# Check if a doubly-linked list of characters is palindrome or not

### Introduction

The linked list is one of the most important concepts and data structures to learn while preparing for interviews. Having a good grasp of Linked Lists can be a huge plus point in a coding interview.

### Problem Statement

In this problem, we are given a doubly-linked list of characters. We have to check if the given list is palindrome or not.

### Problem Statement Understanding

This question is not a very complex one. We have to check if the given doubly linked list of characters is palindrome or not. A list is said to be palindrome, if it reads the same backwards as forwards.

Input: Output: Palindrome

Explanation: The given list of characters is palindrome.

We can use the two-pointers method to solve this.
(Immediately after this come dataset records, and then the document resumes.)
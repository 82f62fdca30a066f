-- ===== src/Hpack/Tables.antt =====
-- The static tables of Cutelyst/Server/hpack_p.cpp.
use cutelyst.Common.{ℕ, Bytes, List, [], ◌∷◌, codes}

-- hpackStaticHeadersCode: the second byte of each code, whose first byte is 0x0f.
abbrev pub static_headers_code : List (Bytes × ℕ)
static_headers_code =
    (codes "ACCEPT_CHARSET", 0x00)
    ∷ (codes "ACCEPT_LANGUAGE", 0x02)
    ∷ (codes "ACCEPT_RANGES", 0x03)
    ∷ (codes "ACCEPT", 0x04)
    ∷ (codes "ACCESS_CONTROL_ALLOW_ORIGIN", 0x05)
    ∷ (codes "AGE", 0x06)
    ∷ (codes "ALLOW", 0x07)
    ∷ (codes "AUTHORIZATION", 0x08)
    ∷ (codes "CACHE_CONTROL", 0x09)
    ∷ (codes "CONTENT_DISPOSITION", 0x0a)
    ∷ (codes "CONTENT_ENCODING", 0x0b)
    ∷ (codes "CONTENT_LANGUAGE", 0x0c)
    ∷ (codes "CONTENT_LENGTH", 0x0d)
    ∷ (codes "CONTENT_LOCATION", 0x0e)
    ∷ (codes "CONTENT_RANGE", 0x0f)
    ∷ (codes "CONTENT_TYPE", 0x10)
    ∷ (codes "COOKIE", 0x11)
    ∷ (codes "DATE", 0x12)
    ∷ (codes "ETAG", 0x13)
    ∷ (codes "EXPECT", 0x14)
    ∷ (codes "EXPIRES", 0x15)
    ∷ (codes "FROM", 0x16)
    ∷ (codes "HOST", 0x17)
    ∷ (codes "IF_MATCH", 0x18)
    ∷ (codes "IF_MODIFIED_SINCE", 0x19)
    ∷ (codes "IF_NONE_MATCH", 0x1a)
    ∷ (codes "IF_RANGE", 0x1b)
    ∷ (codes "IF_UNMODIFIED_SINCE", 0x1c)
    ∷ (codes "LAST_MODIFIED", 0x1d)
    ∷ (codes "LINK", 0x1e)
    ∷ (codes "LOCATION", 0x1f)
    ∷ (codes "MAX_FORWARDS", 0x20)
    ∷ (codes "PROXY_AUTHENTICATE", 0x21)
    ∷ (codes "PROXY_AUTHORIZATION", 0x22)
    ∷ (codes "RANGE", 0x23)
    ∷ (codes "REFERER", 0x24)
    ∷ (codes "REFRESH", 0x25)
    ∷ (codes "RETRY_AFTER", 0x26)
    ∷ (codes "SERVER", 0x27)
    ∷ (codes "SET_COOKIE", 0x28)
    ∷ (codes "STRICT_TRANSPORT_SECURITY", 0x29)
    ∷ (codes "TRANSFER_ENCODING", 0x2a)
    ∷ (codes "USER_AGENT", 0x2b)
    ∷ (codes "VARY", 0x2c)
    ∷ (codes "VIA", 0x2d)
    ∷ (codes "WWW_AUTHENTICATE", 0x2e)
    ∷ []

-- hpackStaticHeaders.
abbrev pub static_headers : List (Bytes × Bytes)
static_headers =
    ([], [])
    ∷ (codes ":authority", [])
    ∷ (codes ":method", codes "GET")
    ∷ (codes ":method", codes "POST")
    ∷ (codes ":path", codes "/")
    ∷ (codes ":path", codes "/index.html")
    ∷ (codes ":scheme", codes "http")
    ∷ (codes ":scheme", codes "https")
    ∷ (codes ":status", codes "200")
    ∷ (codes ":status", codes "204")
    ∷ (codes ":status", codes "206")
    ∷ (codes ":status", codes "304")
    ∷ (codes ":status", codes "400")
    ∷ (codes ":status", codes "404")
    ∷ (codes ":status", codes "500")
    ∷ (codes "accept-charset", [])
    ∷ (codes "accept-encoding", codes "gzip, deflate")
    ∷ (codes "accept-language", [])
    ∷ (codes "accept-ranges", [])
    ∷ (codes "accept", [])
    ∷ (codes "access-control-allow-origin", [])
    ∷ (codes "age", [])
    ∷ (codes "allow", [])
    ∷ (codes "authorization", [])
    ∷ (codes "cache-control", [])
    ∷ (codes "content-disposition", [])
    ∷ (codes "content-encoding", [])
    ∷ (codes "content-language", [])
    ∷ (codes "content-length", [])
    ∷ (codes "content-location", [])
    ∷ (codes "content-range", [])
    ∷ (codes "content-type", [])
    ∷ (codes "cookie", [])
    ∷ (codes "date", [])
    ∷ (codes "etag", [])
    ∷ (codes "expect", [])
    ∷ (codes "expires", [])
    ∷ (codes "from", [])
    ∷ (codes "host", [])
    ∷ (codes "if-match", [])
    ∷ (codes "if-modified-since", [])
    ∷ (codes "if-none-match", [])
    ∷ (codes "if-range", [])
    ∷ (codes "if-unmodified-since", [])
    ∷ (codes "last-modified", [])
    ∷ (codes "link", [])
    ∷ (codes "location", [])
    ∷ (codes "max-forwards", [])
    ∷ (codes "proxy-authenticate", [])
    ∷ (codes "proxy-authorization", [])
    ∷ (codes "range", [])
    ∷ (codes "referer", [])
    ∷ (codes "refresh", [])
    ∷ (codes "retry-after", [])
    ∷ (codes "server", [])
    ∷ (codes "set-cookie", [])
    ∷ (codes "strict-transport-security", [])
    ∷ (codes "transfer-encoding", [])
    ∷ (codes "user-agent", [])
    ∷ (codes "vary", [])
    ∷ (codes "via", [])
    ∷ (codes "www-authenticate", [])
    ∷ []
Can you guess why we are using the two-pointers method? Yes, with the help of this method, we can solve this problem by only doing a single traversal of the given list. This approach is going to take O(n) time. Let us have a glance at the approach.

### Approach

As mentioned earlier, we are going to use the two pointers technique here. We will create two pointers, left and right. The left pointer will point at the head of the list, while the right pointer will point at the end of the list. To make the right pointer point to the end of the list, we will make it initially point to the head. Then, we will increment it till we reach the end of the list.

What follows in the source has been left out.